# Crystal Lake...Benzie County Ice Outing!



## Whit1 (Apr 27, 2001)

Official: Sail Inn on US31 in Benzonia Friday Night 6:30 buffet. Saturday morning at Backcast Bait and Taackle next to Ace Hardware in Benzonia. 


It seems there is interest in an outing up here for some ice fishing. Crystal Lake has been mentioned the most often, but there are other options if anyone is interested.

It seems that February 22nd will work for fishing Crystal, etc. I'll post more when I get info for those who might want to stay overnight in Beulah.

The fishing options on Crystal would be for: perch, lake trout, brown and rainbows (shallow water) and of course smelt. If another local lake, like Portage L. to the south is hot that is easily possible, as is some Steel on Ice over on Betsie Bay.

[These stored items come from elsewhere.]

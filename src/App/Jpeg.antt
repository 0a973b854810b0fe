-- ===== src/App/Jpeg.antt =====
-- app/jpeg_codec.h and .cpp: the pixels that are handed to the JPEG library, which is a parameter. An
-- `int` that overflows is undefined there, and exact here. `data` of a buffer is none where nothing is
-- mapped.
use minicam_hal.Common.{
  ℕ, zero, suc, ℤ, ◌+◌, ◌-◌, ◌*◌, ◌/◌, ◌%◌, pos, negsuc, min, ltb, Bool, false, ◌&&◌, not, Option,
  none, some, List, [], ◌∷◌, ◌++◌, if◌then◌else◌, is_empty, length, to_size, mul_size, ◌*ℤ◌,
  get_elem?,
}
use minicam_hal.Interface.{CaptureResult, no_payload, rgb24_payload, yuyv422_payload}
use minicam_hal.V4l2.{to_int}

-- The difference of two numbers, and the sum of two integers.
unfoldable pub sub_nat : ℕ → ℕ → ℤ
sub_nat a b = if ltb a b then negsuc (b - a - 1) else pos (a - b)

infixl 60 ◌+ℤ◌
unfoldable pub ◌+ℤ◌ : ℤ → ℤ → ℤ
unfolding sub_nat
pos a +ℤ pos b = pos (a + b)
pos a +ℤ negsuc b = sub_nat a (suc b)
negsuc a +ℤ pos b = sub_nat b (suc a)
negsuc a +ℤ negsuc b = negsuc (a + b + 1)

-- `>> 8`, which rounds down.
unfoldable pub shift_right : ℤ → ℤ
shift_right (pos n) = pos (n / 256)
shift_right (negsuc n) = negsuc (n / 256)

unfoldable pub clamp_to_byte : ℤ → ℕ
clamp_to_byte (pos n) = min n 255
clamp_to_byte (negsuc n) = 0

-- The three bytes of `write_pixel`.
unfoldable pub write_pixel : ℤ → ℤ → ℤ → List ℕ
unfolding clamp_to_byte shift_right
write_pixel u v y =
    let c = y +ℤ negsuc 15 in
    let luma = pos 298 *ℤ c in
    clamp_to_byte (shift_right (luma +ℤ pos 409 *ℤ v +ℤ pos 128))
    ∷ clamp_to_byte (shift_right (luma +ℤ negsuc 99 *ℤ u +ℤ negsuc 207 *ℤ v +ℤ pos 128))
    ∷ clamp_to_byte (shift_right (luma +ℤ pos 516 *ℤ u +ℤ pos 128))
    ∷ []

abbrev pub byte_at : List ℕ → ℕ → ℕ
byte_at bytes i = elim (get_elem? bytes i) [ none ↦ 0 | some b ↦ b ]

-- The loop of `append_yuyv_as_rgb`, from `i` on: two pixels for each four bytes. A round of fuel for
-- each round of the loop.
unfoldable pub append_from : ℕ → ℕ → List ℕ → List ℕ
append_from zero i yuyv = []
append_from (suc fuel) i yuyv =
    let rest = append_from fuel (i + 4) yuyv in
    let u = sub_nat (byte_at yuyv (i + 1)) 128 in
    let v = sub_nat (byte_at yuyv (i + 3)) 128 in
    if ltb (i + 3) (length yuyv)
    then write_pixel u v (pos (byte_at yuyv i))
      ++ (write_pixel u v (pos (byte_at yuyv (i + 2))) ++ rest)
    else []

-- What `append_yuyv_as_rgb` appends.
unfoldable pub append_yuyv_as_rgb : List ℕ → List ℕ
unfolding append_from
append_yuyv_as_rgb yuyv = append_from (length yuyv) 0 yuyv

abbrev pub positive : ℤ → Bool
positive (pos n) = ltb 0 n
positive (negsuc n) = false

-- The library's compressor: the capacity that it is given, width, height and pixels, and the bytes that
-- it writes.
abbrev pub Compressor : Type 0
Compressor = ℤ → ℤ → ℤ → List ℕ → Option (List ℕ)

abbrev pub take : ℕ → List ℕ → List ℕ
take zero xs = []
take (suc n) [] = []
take (suc n) (x ∷ xs) = x ∷ take n xs

module _ (jpge : Compressor) where
  unfoldable pub compress_rgb_to_jpeg : ℤ → ℤ → List ℕ → Option (List ℕ)
  unfolding to_int
  compress_rgb_to_jpeg width height rgb =
      if positive width && positive height && not (is_empty rgb)
      then (elim (jpge (to_int (length rgb + 1024)) width height rgb) [
        | none ↦ none
        | some bytes ↦ if is_empty bytes then none else some bytes
      ])
      else none

  unfoldable pub encode_jpeg : CaptureResult → List ℕ → Option (List ℕ)
  encode_jpeg result image =
      let rgb_size = mul_size (mul_size (to_size result.width) (to_size result.height)) 3 in
      if positive result.width && positive result.height && not (is_empty image)
      then (elim result.payload_format [
        | no_payload ↦ none
        | rgb24_payload ↦
            if ltb (length image) rgb_size
            then none
            else compress_rgb_to_jpeg result.width result.height (take rgb_size image)
        | yuyv422_payload ↦
            compress_rgb_to_jpeg result.width result.height (append_yuyv_as_rgb image)
      ])
      else none

-- A quotient of `int`, towards zero, for a divisor that is positive, and the byte of an `int`.
unfoldable pub quot : ℤ → ℕ → ℤ
unfolding sub_nat
quot (pos n) m = pos (n / m)
quot (negsuc n) m = sub_nat 0 (suc n / m)

unfoldable pub to_byte : ℤ → ℕ
to_byte (pos n) = n % 256
to_byte (negsuc n) = 255 - n % 256

abbrev abs_of : ℤ → ℕ
abs_of (pos n) = n
abs_of (negsuc n) = suc n

-- The picture without a buffer: the pixel, a row from `x` on, and rows from `y` on.
unfoldable pub synthetic_pixel : CaptureResult → ℕ → ℕ → List ℕ
unfolding quot to_byte to_int
synthetic_pixel result x y =
    let width = abs_of result.width in
    let height = abs_of result.height in
    to_byte (quot (pos (x * 255)) width)
    ∷ to_byte (quot (pos (y * 255)) height)
    ∷ to_byte (quot ((pos (x + y) +ℤ to_int result.frame_number) *ℤ pos 255) (width + height))
    ∷ []

unfoldable pub synthetic_row : CaptureResult → ℕ → ℕ → ℕ → List ℕ
synthetic_row result zero x y = []
synthetic_row result (suc n) x y = synthetic_pixel result x y ++ synthetic_row result n (x + 1) y

unfoldable pub synthetic_rows : CaptureResult → ℕ → ℕ → List ℕ
unfolding synthetic_row
synthetic_rows result zero y = []
synthetic_rows result (suc n) y =
    synthetic_row result (abs_of result.width) 0 y ++ synthetic_rows result n (y + 1)

unfoldable pub encode_synthetic_jpeg : Compressor → CaptureResult → Option (List ℕ)
unfolding synthetic_rows
encode_synthetic_jpeg jpge result =
    if positive result.width && positive result.height
    then compress_rgb_to_jpeg jpge result.width result.height
        (synthetic_rows result (abs_of result.height) 0)
    else none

Let the notice go out that from this day forward you can post interest and notice of intent here


----------



## BucketButt (Jan 8, 2003)

I really like the idea! Plenty of lodging in the area. Great perch, walleye, and lakers to be caught. Where do I sign up? What can I do to help?


----------



## Whit1 (Apr 27, 2001)

Bucket,
Welcome to the Michigan Sportsman site. Go through the forum topics and under the General Discussion heading you'll find a forum called Michigan Sportsman Outings. Go there and find the thread about a Benzie County/Crystal Lake outing. That's were info will be posted.

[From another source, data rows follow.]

-- ===== src/App/Encoder.antt =====
-- app/jpeg_encoder_processor.h and .cpp: outputs are encoded on threads of their own, and the frames kept
-- until they are written. The buffers' bytes, `mapped`, and the system calls are parameters.
use minicam_hal.Common.{
  ℕ, ℤ, Bool, true, ◌&&◌, Option, none, some, List, [], ◌∷◌, ◌++◌, if◌then◌else◌, ◌==◌, ◌==ℤ◌,
  minus_one, is_neg,
}
use minicam_hal.Interface.{CaptureResult, CaptureStatus}
use minicam_hal.Driver.{OutputProcessRequest}
use minicam_hal.App.Jpeg.{Compressor, encode_jpeg, encode_synthetic_jpeg}
use minicam_hal.App.Buffers.{BufferTracker, resolve}

pub record EncodedFrameKey : Type 0 where
  pub frame_number : ℕ
  pub buffer_id : ℤ

abbrev pub same_key : EncodedFrameKey → EncodedFrameKey → Bool
same_key a b = a.frame_number == b.frame_number && a.buffer_id ==ℤ b.buffer_id

abbrev pub EncodedFrameStore : Type 0
EncodedFrameStore = List (EncodedFrameKey × List ℕ)

unfoldable pub find_frame : EncodedFrameKey → EncodedFrameStore → Option (List ℕ)
find_frame key [] = none
find_frame key ((k, bytes) ∷ rest) = if same_key k key then some bytes else find_frame key rest

unfoldable pub erase_frame : EncodedFrameKey → EncodedFrameStore → EncodedFrameStore
erase_frame key [] = []
erase_frame key ((k, bytes) ∷ rest) =
    let rest' = erase_frame key rest in if same_key k key then rest' else (k, bytes) ∷ rest'

unfoldable pub put_frame : EncodedFrameKey → List ℕ → EncodedFrameStore → EncodedFrameStore
unfolding erase_frame
put_frame key bytes frames = (key, bytes) ∷ erase_frame key frames

unfoldable pub take_frame :
    EncodedFrameKey → EncodedFrameStore → Option (List ℕ) × EncodedFrameStore
unfolding find_frame erase_frame
take_frame key frames = elim (find_frame key frames) [
  | none ↦ (none, frames)
  | some bytes ↦ (some bytes, erase_frame key frames)
]

-- A wait repeats an interrupted `poll`, and its answer is not looked at here.
pub record FenceCalls (K : Type 0) : Type 0 where
  pub make_pipe : K → Option (ℤ × ℤ) × K
  pub wait : ℤ → K → Bool × K
  pub write_byte : ℤ → K → K
  pub close : ℤ → K → K

abbrev pub close_fd : {K : Type 0} → FenceCalls K → ℤ → K → K
close_fd fences fd k = if is_neg fd then k else fences.close fd k

abbrev pub wait_for_fence : {K : Type 0} → FenceCalls K → ℤ → K → Bool × K
wait_for_fence fences fd k = if is_neg fd then (true, k) else fences.wait fd k

unfoldable pub signal_fence : {K : Type 0} → FenceCalls K → ℤ → K → K
signal_fence fences fd k = close_fd fences fd (fences.write_byte fd k)

-- A worker that has been started, and has not yet run.
pub record EncodeJob (L : Type 0) : Type 0 where
  pub request : OutputProcessRequest
  pub buffer : Option L
  pub write_fd : ℤ

-- `has_encoded_frames`: is the pointer `encoded_frames_` set. The store behind it is shared with the
-- writer.
pub record JpegEncoder (L K : Type 0) : Type 0 where
  pub preview_buffers : BufferTracker L
  pub capture_buffers : BufferTracker L
  pub has_encoded_frames : Bool
  pub encoded_frames : EncodedFrameStore
  pub workers : List (EncodeJob L)
  pub kernel : K

abbrev pub encode_result : OutputProcessRequest → CaptureResult
encode_result request = record {
  frame_number = request.frame_number;
  status = CaptureStatus.ok;
  completed_output_buffers = [];
  message = "jpeg-encode";
  latency = 0;
  width = request.width;
  height = request.height;
  payload_format = request.payload_format;
}

unfoldable pub encode_request :
    {L : Type 0} → Compressor → (L → List ℕ) → OutputProcessRequest → Option L → Option (List ℕ)
encode_request jpge mapped request none = encode_synthetic_jpeg jpge (encode_result request)
encode_request jpge mapped request (some l) = encode_jpeg jpge (encode_result request) (mapped l)

module _ {L K : Type 0} where
  unfoldable pub resolve_buffer : ℤ → JpegEncoder L K → Option L
  resolve_buffer buffer_id e = elim (resolve buffer_id e.capture_buffers) [
    | none ↦ resolve buffer_id e.preview_buffers
    | some l ↦ some l
  ]

module _ {L K : Type 0} (fences : FenceCalls K) where
  -- The release fence of the output is the read end of the pipe that the worker signals.
  unfoldable pub process_output : JpegEncoder L K → OutputProcessRequest → ℤ × JpegEncoder L K
  unfolding resolve_buffer
  process_output e request =
      let (ends, k) = fences.make_pipe e.kernel in
      elim ends [
        | none ↦ (minus_one, record e { kernel = close_fd fences request.input_acquire_fence_fd k })
        | some (read_fd, write_fd) ↦ (
          read_fd,
          record e {
            kernel = k;
            workers =
                e.workers
                ++ (record {
                  request = request;
                  buffer = resolve_buffer request.buffer_id e;
                  write_fd = write_fd;
                }
                    ∷ []);
          },
        )
      ]

module _ {L K : Type 0} (fences : FenceCalls K) (jpge : Compressor) (mapped : L → List ℕ) where
  -- The body of a worker's thread.
  unfoldable pub run_job : EncodeJob L → JpegEncoder L K → JpegEncoder L K
  unfolding signal_fence put_frame
  run_job job e =
      let (ready, k) = wait_for_fence fences job.request.input_acquire_fence_fd e.kernel in
      let key : EncodedFrameKey = record {
        frame_number = job.request.frame_number;
        buffer_id = job.request.buffer_id;
      } in
      record e {
        kernel =
            signal_fence fences job.write_fd (close_fd fences job.request.input_acquire_fence_fd k);
        encoded_frames =
            if e.has_encoded_frames
            then (elim (encode_request jpge mapped job.request job.buffer) [
              | none ↦ e.encoded_frames
              | some bytes ↦ put_frame key bytes e.encoded_frames
            ])
            else e.encoded_frames;
      }

  unfoldable pub run_jobs : List (EncodeJob L) → JpegEncoder L K → JpegEncoder L K
  unfolding run_job
  run_jobs [] e = e
  run_jobs (job ∷ jobs) e = run_jobs jobs (run_job job e)

  -- Every worker is waited for; here in the order in which they were started.
  unfoldable pub join_workers : JpegEncoder L K → JpegEncoder L K
  unfolding run_jobs
  join_workers e = record (run_jobs e.workers e) { workers = [] }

If you enjoy fishing and hunting and other outdoor pursuits and meeting other people that do, come to an outing.


----------



## DANN09 (May 3, 2000)

This should be another fun filled outing. Crystal has not froze over in the last few years so this should be some good fishing. And with so many guys living in the area we should have a good idea on the where, what and how of the fishing.
For those of You who have not been to a Michigan-Sportsman.com outing be prepared to have fun.


----------



## hesslakeman (Apr 16, 2001)

At this time count me in. I was planning on going up there on the 22nd before any mention of this so this will work out great. I called a few places up there for rates earlier and they are all reasonable. I can't remember the name right now but there is a nice place 3 blocks from the Cold Creek Inn on the water that we will probably stay at. I would rather drive to fish than drive to the bar! It looks like right now we will have 4 in our group. I'm looking forward to meeting all of you and gleaning some info on hot spots and techniques. 
Take care
Brad


----------



## Bucktail Butch (Jan 5, 2003)

Count me in, right in my back yard!! Whit, check your email.

Butch


----------



## mrarcher62 (Nov 19, 2002)

well I was considering going up this next weekend but maybe I shall postpone for a later date maybe February I grew up on Crystal Lake graduated from the local highschool lived there from 1969-1996 there is a variety of fishing to be had on that lake and with the lack of ice in the past few years fishing should be excellent!! one fish I havent heard mentioned is Whitefish??? does anyone on here fish those tasty morsles we used to catch those and smelt like crazy at night time any info would be appreciated. I also read mention of portage hows the crappie fishing been there any luck?? anyone fish arcadia bay for pike?? or crappie?? any info would be appreciated 

Thanx
~JIM~


----------



## Whit1 (Apr 27, 2001)

MR,
I live between Onekama and Arcadia and retired from the Onekama school system in '97.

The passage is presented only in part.